MATERIAL FOR THIS EXERCISE:
┄┄┄┄┄┄┄┄┄┄

-- ===== src/Lifecycle/Keys.antt =====
-- src/record/lifecycle/graph.rs: distinct keys among fewer heads, and with one more.
-- its target with no other and that its type's heads have distinct keys.
use equill.Base.{
  String, ◌≡◌, refl, inl, inr, Bool, true, false, Option, none, some, List, [], ◌∷◌, ◌++◌, ◌==◌,
  nat_eq, string_eq, contains, filter, Elem, arith, Bool-cases,
}
use equill.Kernel.Error.{ok, refuse, >>-eq-ok, refuse-eq-ok}
use equill.Json.{Json}
use equill.Record.{StoredRecord, TypeDefinition}
use equill.Lifecycle.Rules.{key}
use equill.Lifecycle.Ledger.{Rows}
use equill.Lifecycle.Graph.{seen_key, see_key, unique_keys}

module _ (j : Json) where
  open j use {Value, to_string}

  seen-know :
      (seen seen' : List String) (o : Option Value)
      → ((k : String) → contains seen k ≡ false → contains seen' k ≡ false)
      → seen_key j seen o ≡ false
      → seen_key j seen' o ≡ false
  seen-know seen seen' none know h = refl
  seen-know seen seen' (some v) know h = know (to_string v) h

  see-drop :
      (seen : List String) (o : Option Value) (k : String)
      → contains (see_key j o seen) k ≡ false
      → contains seen k ≡ false
  unfolding contains
  see-drop seen none k h = h
  see-drop seen (some v) k h = ground arith

  see-know :
      (seen seen' : List String) (o : Option Value)
      → ((k : String) → contains seen k ≡ false → contains seen' k ≡ false)
      → (k : String) → contains (see_key j o seen) k ≡ false
      → contains (see_key j o seen') k ≡ false
  unfolding contains
  see-know seen seen' none know k h = know k h
  see-know seen seen' (some v) know k h = ground (arith, know k)

  see-apart :
      (seen : List String) (o c : Option Value)
      → seen_key j seen c ≡ false
      → ((v w : Value) → o ≡ some v → c ≡ some w → (to_string v == to_string w) ≡ false)
      → seen_key j (see_key j o seen) c ≡ false
  unfolding contains
  see-apart seen none c h apart = h
  see-apart seen (some v) none h apart = refl
  see-apart seen (some v) (some w) h apart = rw (apart v w refl refl) h

  -- Fewer keys seen, and fewer heads, leave the keys distinct.
  pub fewer :
      (d : TypeDefinition Value) (p q : StoredRecord Value → Bool) (seen seen' : List String)
      (rs : Rows j)
      → ((x : StoredRecord Value) → q x ≡ true → p x ≡ true)
      → ((k : String) → contains seen k ≡ false → contains seen' k ≡ false)
      → unique_keys j d seen (filter p rs) ≡ ok tt
      → unique_keys j d seen' (filter q rs) ≡ ok tt
  unfolding unique_keys filter
  fewer d p q seen seen' [] less know h = refl
  fewer d p q seen seen' (r ∷ rs) less know h = elim (Bool-cases (q r)) [
    | inl wanted ↦
        let (first, rest) =
          >>-eq-ok (refuse (seen_key j seen (key j r d)) _) _ (rw (less r wanted) at h) in
        rw (wanted, seen-know seen seen' (key j r d) know (refuse-eq-ok _ _ first))
          (fewer d p q (see_key j (key j r d) seen) (see_key j (key j r d) seen') rs less
            (see-know seen seen' (key j r d) know) rest)
    | inr unwanted ↦ rw unwanted (elim (Bool-cases (p r)) [
      | inl counts ↦
          let (first, rest) =
            >>-eq-ok (refuse (seen_key j seen (key j r d)) _) _ (rw counts at h) in
          fewer d p q (see_key j (key j r d) seen) seen' rs less
            (λ k n. know k (see-drop seen (key j r d) k n)) rest
      | inr absent ↦ fewer d p q seen seen' rs less know (rw absent at h)
    ])
  ]

  -- One more head, whose key no counted head has.
  pub one_more :
      (d : TypeDefinition Value) (seen : List String) (hs : Rows j) (c : StoredRecord Value)
      → unique_keys j d seen hs ≡ ok tt
      → seen_key j seen (key j c d) ≡ false
      → ((h : StoredRecord Value)
          → Elem h hs
          → (v w : Value) → key j h d ≡ some v
          → key j c d ≡ some w
          → (to_string v == to_string w) ≡ false)
      → unique_keys j d seen (hs ++ c ∷ []) ≡ ok tt
  unfolding unique_keys
  one_more d seen [] c h free apart = rw free refl
  one_more d seen (x ∷ hs) c h free apart =
      let (first, rest) = >>-eq-ok (refuse (seen_key j seen (key j x d)) _) _ h in
      rw (refuse-eq-ok _ _ first) (
        one_more d (see_key j (key j x d) seen) hs c rest
          (see-apart seen (key j x d) (key j c d) free (apart x (inl refl)))
          (λ y m. apart y (inr m)))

┄┄┄┄┄┄┄┄┄┄

THE PROBLEM: Without any alteration, repeat each entry shown above.

TASK RESPONSE:
-- ===== src/Lifecycle/Keys.antt =====
-- src/record/lifecycle/graph.rs: distinct keys among fewer heads, and with one more.
-- its target with no other and that its type's heads have distinct keys.
use equill.Base.{
  String, ◌≡◌, refl, inl, inr, Bool, true, false, Option, none, some, List, [], ◌∷◌, ◌++◌, ◌==◌,
  nat_eq, string_eq, contains, filter, Elem, arith, Bool-cases,
}
use equill.Kernel.Error.{ok, refuse, >>-eq-ok, refuse-eq-ok}
use equill.Json.{Json}
use equill.Record.{StoredRecord, TypeDefinition}
use equill.Lifecycle.Rules.{key}
use equill.Lifecycle.Ledger.{Rows}
use equill.Lifecycle.Graph.{seen_key, see_key, unique_keys}

module _ (j : Json) where
  open j use {Value, to_string}

  seen-know :
      (seen seen' : List String) (o : Option Value)
      → ((k : String) → contains seen k ≡ false → contains seen' k ≡ false)
      → seen_key j seen o ≡ false
      → seen_key j seen' o ≡ false
  seen-know seen seen' none know h = refl
  seen-know seen seen' (some v) know h = know (to_string v) h

  see-drop :
      (seen : List String) (o : Option Value) (k : String)
      → contains (see_key j o seen) k ≡ false
      → contains seen k ≡ false
  unfolding contains
  see-drop seen none k h = h
  see-drop seen (some v) k h = ground arith

  see-know :
      (seen seen' : List String) (o : Option Value)
      → ((k : String) → contains seen k ≡ false → contains seen' k ≡ false)
      → (k : String) → contains (see_key j o seen) k ≡ false
      → contains (see_key j o seen') k ≡ false
  unfolding contains
  see-know seen seen' none know k h = know k h
  see-know seen seen' (some v) know k h = ground (arith, know k)

  see-apart :
      (seen : List String) (o c : Option Value)
      → seen_key j seen c ≡ false
      → ((v w : Value) → o ≡ some v → c ≡ some w → (to_string v == to_string w) ≡ false)
      → seen_key j (see_key j o seen) c ≡ false
  unfolding contains
  see-apart seen none c h apart = h
  see-apart seen (some v) none h apart = refl
  see-apart seen (some v) (some w) h apart = rw (apart v w refl refl) h

  -- Fewer keys seen, and fewer heads, leave the keys distinct.
  pub fewer :
      (d : TypeDefinition Value) (p q : StoredRecord Value → Bool) (seen seen' : List String)
      (rs : Rows j)
      → ((x : StoredRecord Value) → q x ≡ true → p x ≡ true)
      → ((k : String) → contains seen k ≡ false → contains seen' k ≡ false)
      → unique_keys j d seen (filter p rs) ≡ ok tt
      → unique_keys j d seen' (filter q rs) ≡ ok tt
  unfolding unique_keys filter
  fewer d p q seen seen' [] less know h = refl
  fewer d p q seen seen' (r ∷ rs) less know h = elim (Bool-cases (q r)) [
    | inl wanted ↦
        let (first, rest) =
          >>-eq-ok (refuse (seen_key j seen (key j r d)) _) _ (rw (less r wanted) at h) in
        rw (wanted, seen-know seen seen' (key j r d) know (refuse-eq-ok _ _ first))
          (fewer d p q (see_key j (key j r d) seen) (see_key j (key j r d) seen') rs less
            (see-know seen seen' (key j r d) know) rest)
    | inr unwanted ↦ rw unwanted (elim (Bool-cases (p r)) [
      | inl counts ↦
          let (first, rest) =
            >>-eq-ok (refuse (seen_key j seen (key j r d)) _) _ (rw counts at h) in
          fewer d p q (see_key j (key j r d) seen) seen' rs less
            (λ k n. know k (see-drop seen (key j r d) k n)) rest
      | inr absent ↦ fewer d p q seen seen' rs less know (rw absent at h)
    ])
  ]

  -- One more head, whose key no counted head has.
  pub one_more :
      (d : TypeDefinition Value) (seen : List String) (hs : Rows j) (c : StoredRecord Value)
      → unique_keys j d seen hs ≡ ok tt
      → seen_key j seen (key j c d) ≡ false
      → ((h : StoredRecord Value)
          → Elem h hs
          → (v w : Value) → key j h d ≡ some v
          → key j c d ≡ some w
          → (to_string v == to_string w) ≡ false)
      → unique_keys j d seen (hs ++ c ∷ []) ≡ ok tt
  unfolding unique_keys
  one_more d seen [] c h free apart = rw free refl
  one_more d seen (x ∷ hs) c h free apart =
      let (first, rest) = >>-eq-ok (refuse (seen_key j seen (key j x d)) _) _ h in
      rw (refuse-eq-ok _ _ first) (
        one_more d (see_key j (key j x d) seen) hs c rest
          (see-apart seen (key j x d) (key j c d) free (apart x (inl refl)))
          (λ y m. apart y (inr m)))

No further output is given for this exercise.